Входили новые гости. Стекла тряслись от крика, от топота ног. Серафима плакала и целовала Потапова в потный лоб.
– Были бы вы архитектором, – плакала Серафима, целуя Потапова, – я бы с вами на край света пошла… А так–то что же?… Вообще–то лекарь Иванов увезет меня отсюда, вот увидите… Я его прижму, вот увидите…
– А где же Иванов? – спросила Лавиния, чтобы унять неистовство. – Отчего же его не видно?
Тут все замолкли, чтобы послушать, что говорит эта петербургская мадонна, княгиня или еще кто, эта юная дама из другого мира, глазастая, недоступная, эта счастливая путешественница с насмешливыми губами, которой нет дела до их тризн и до их карнавалов…
– А Иванов
– Иванов, – сказал Потапов Мятлеву, – интересная личность. Он вам уже, наверное, рассказал свою жизнь? Это целый роман…
– У него была жена, – торопливо пояснил чернокудрый поручик, – она была чахоточная и убежала с каким–то князем в Петербург.
– Да не врите! – прикрикнула Адель. – Вечно вы врете про других. Она от князя бежала, а не с князем, а после уж здесь утопилась…
Потапов вскочил с полным бокалом, вино расплескивалось.
– Чистов, – прохрипел он в темноту, – не дай соврать! Не мы ли с тобой, брат, хоронили ее осенью прошлого года? Подтверждаешь?
– Подтверждаю, – откликнулись из полумрака.
– Отпустите мою руку, – шепотом взмолилась Лавиния Мятлеву, – мне больно…
– …это же ночью было, – продолжал меж тем Потапов, – когда лекарь прибежал. У него было белое лицо, он плакал и все твердил, что нет ему прощения. А мы тогда вот так же сидели, ну и с вином, конечно, и мы с тобой пошли, и он бежал за нами. Она лежала с открытыми глазами, и он принялся рыдать, да разве разбудишь?
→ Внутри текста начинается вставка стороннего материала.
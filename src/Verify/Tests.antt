-- ===== src/Verify/Tests.antt =====
-- Two chunks, one of which the evaluator denies, and a witness.
use provenex_core.Receipt.Signing.{compute_caller_hash, hash_output}
use provenex_core.Index.Sqlite.{canonical_payload}
use provenex_core.Receipt.Builder.{add_action, add_source, finalize, sign_receipt, summarize}
use provenex_core.Rules.{canonical_bytes, value_hash}
use provenex_core.Rules.Duration.{parse_duration, parse_iso8601}
use provenex_core.Rules.Resolve.{
  chunk_attribute, request_attribute, resolve_parts, resolve_path, tool_attribute, walk,
  when_matches,
}
use provenex_core.Rules.Constraint.{
  applied, check_all, check_constraint, check_entry, check_operators, decide,
}
use provenex_core.Access.{build_inputs, evaluate}
use provenex_core.Prelude.{
  ◌≡◌, refl, true, false, not, none, some, List, [], ◌∷◌, Result, ok, is_ok, value_of, ok-value_of,
  nat_eq, list_eq,
}
use provenex_core.Text.{Text, codes, hex, utf8, split, has_char}
use provenex_core.Value.{
  text, Fields, end, contains, elements, entries, get, get_key, pop, put, same_key, set_default,
  to_fields, value_eq,
}
use provenex_core.Rules.Sample.{runtime, request, entry}
use provenex_core.Index.{ProvenanceIndex, IndexEntry, verified}
use provenex_core.Policy.{default_policy, overall_status}
use provenex_core.Access.Sample.{evaluator}
use provenex_core.Unified.{
  UnifiedPolicy, native_evaluator, unified, coerce_policy, control_metadata,
}
use provenex_core.Receipt.{
  ProvenanceReceipt, action_dict, claim_dict, policy_dict, receipt_dict, source_dict, summary_dict,
  unsigned_entries, verification_dict,
}
use provenex_core.Streaming.{ReceiptSink, returned, no_sink, safe_publish}
use provenex_core.Verify.{
  string_item, ChunksArgument, many_chunks, coerce_chunks, ChunkFingerprinter, VerifyOptions,
  VerifiedChunks, verify_chunks, build_chunk_context, decision_dict, emit, verify_each, verify_one,
}
use provenex_core.Verify.Gate.{select, lets_through, outcomes, verdicts, verify_chunks-select}

abbrev row : IndexEntry
row = record {
  fingerprint = codes "f";
  document_id = codes "d";
  document_version = codes "v";
  ingested_at = codes "2025";
  chunk_offset = 0;
  chunk_length = 1;
  authorized = true;
  superseded = false;
  signature = [];
}

-- An index in which everything is found and verified.
abbrev full_index : ProvenanceIndex
full_index = record {
  State = Unit {0};
  add = λ s a. ok s;
  lookup = λ s f. some row;
  set_authorization = λ s d b. s;
  supersede = λ s d v. (s, 0);
  verify = λ s f. ok verified;
}

abbrev fingerprinter : ChunkFingerprinter
fingerprinter = record { chunk_fingerprint = λ s. s; applied_steps = λ s. ok [] }

abbrev guarded : UnifiedPolicy
guarded = record {
  verification = default_policy none;
  access_control = some (native_evaluator runtime evaluator);
  tool_call_control = none;
}

abbrev options : VerifyOptions
options = record {
  signer = none;
  policy = unified guarded;
  trajectory = none;
  step_kind = none;
  agent_id = none;
  output_text = [];
  request_context = some request;
  chunk_metadata = some (entry "residency" (text (codes "EU")) end ∷ end ∷ []);
  chunk_metadata_binding = codes "at_ingest";
  caller_hash_salt = none;
  content_source = none;
}

abbrev quiet : ReceiptSink ProvenanceReceipt (Unit {0})
quiet = record { publish = λ s c. returned s; close = λ s. returned s }

abbrev chunks : ChunksArgument
chunks = many_chunks (string_item (codes "a") ∷ string_item (codes "b") ∷ [])

abbrev run : Result (VerifiedChunks runtime full_index fingerprinter quiet)
run =
    verify_chunks runtime full_index fingerprinter quiet tt chunks options no_sink (codes "prx_1")
      (codes "2026")

runs : is_ok run ≡ true
unfolding verify_chunks emit safe_publish coerce_policy coerce_chunks verify_each verify_one
    build_chunk_context evaluate build_inputs decide when_matches resolve_path resolve_parts walk
    chunk_attribute request_attribute tool_attribute check_all check_entry check_constraint
    check_operators applied parse_iso8601 value_eq contains get get_key put same_key set_default
    entries to_fields value_hash canonical_bytes parse_duration utf8 hex split has_char finalize
    sign_receipt summarize overall_status add_source add_action canonical_payload hash_output
    compute_caller_hash receipt_dict unsigned_entries pop control_metadata decision_dict elements
    claim_dict source_dict action_dict policy_dict summary_dict verification_dict
runs = refl

-- The chunk without a tag is blocked.
blocks_untagged : (value_of run runs).blocked ≡ codes "b" ∷ []
unfolding verify_chunks emit safe_publish coerce_policy coerce_chunks verify_each verify_one
    build_chunk_context evaluate build_inputs decide when_matches resolve_path resolve_parts walk
    chunk_attribute request_attribute tool_attribute check_all check_entry check_constraint
    check_operators applied parse_iso8601 value_eq contains get get_key put same_key set_default
    entries to_fields value_hash canonical_bytes parse_duration utf8 hex split has_char finalize
    sign_receipt summarize overall_status add_source add_action canonical_payload hash_output
    compute_caller_hash receipt_dict unsigned_entries pop control_metadata decision_dict elements
    claim_dict source_dict action_dict policy_dict summary_dict verification_dict
blocks_untagged = refl

abbrev pairs : List (Text × Fields)
pairs = (codes "a", entry "residency" (text (codes "EU")) end) ∷ (codes "b", end) ∷ []

verify_chunks-select_example :
    ((value_of run runs).kept
      ≡ select (lets_through runtime full_index fingerprinter tt guarded options) pairs)
    × (((value_of run runs).blocked
          ≡ select
              (λ c. not (lets_through runtime full_index fingerprinter tt guarded options c))
              pairs)
        × (outcomes runtime full_index fingerprinter tt guarded options
              (value_of run runs).receipt.sources
            ≡ verdicts runtime full_index fingerprinter tt guarded options pairs))
unfolding coerce_policy coerce_chunks
verify_chunks-select_example =
    verify_chunks-select runtime full_index fingerprinter tt guarded options quiet chunks
      (codes "a" ∷ codes "b" ∷ []) no_sink (codes "prx_1") (codes "2026") {v = value_of run runs}
      refl refl (ok-value_of run runs)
Подтверждаешь?
– Подтверждаю, – сказали из полумрака.
– …Мы ее хоронили под вечер того же дня, был еще батюшка Никитский…
– Батюшки Никитского не было, – сказали из полумрака.
– То есть как не было? – Потапов выплеснул остатки вина на пол. – Он был и псалмы читал.
– Псалмы я читал, – сказали из полумрака, – ты спутал, Потапов, а батюшка Никитский месяцем раньше утопился…
Тут снова все захохотали, и так, что пламя свечей заметалось. Потапов сидел пригорюнившись.
– Дурачье, – улыбнулась Серафима, – она с архитектором сбежала. Я сама видела, как они сговорились, дурачье! Они же у меня в доме сговаривались, вот здесь. Я вышла в вашу комнату (это она сказала Лавинии) и слышу: они сговариваются, все слышно… Еще она сказала, мол, спасите меня, друг сердечный, а он ей ответил, что, мол, ничего не бойтесь, все будет хорошо. Вообще они недолго сговаривались и собирались недолго. Вышли от меня, а уже бричка архитектора – у крыльца… – И повернулась к Мятлеву: – Представляете, как ловко?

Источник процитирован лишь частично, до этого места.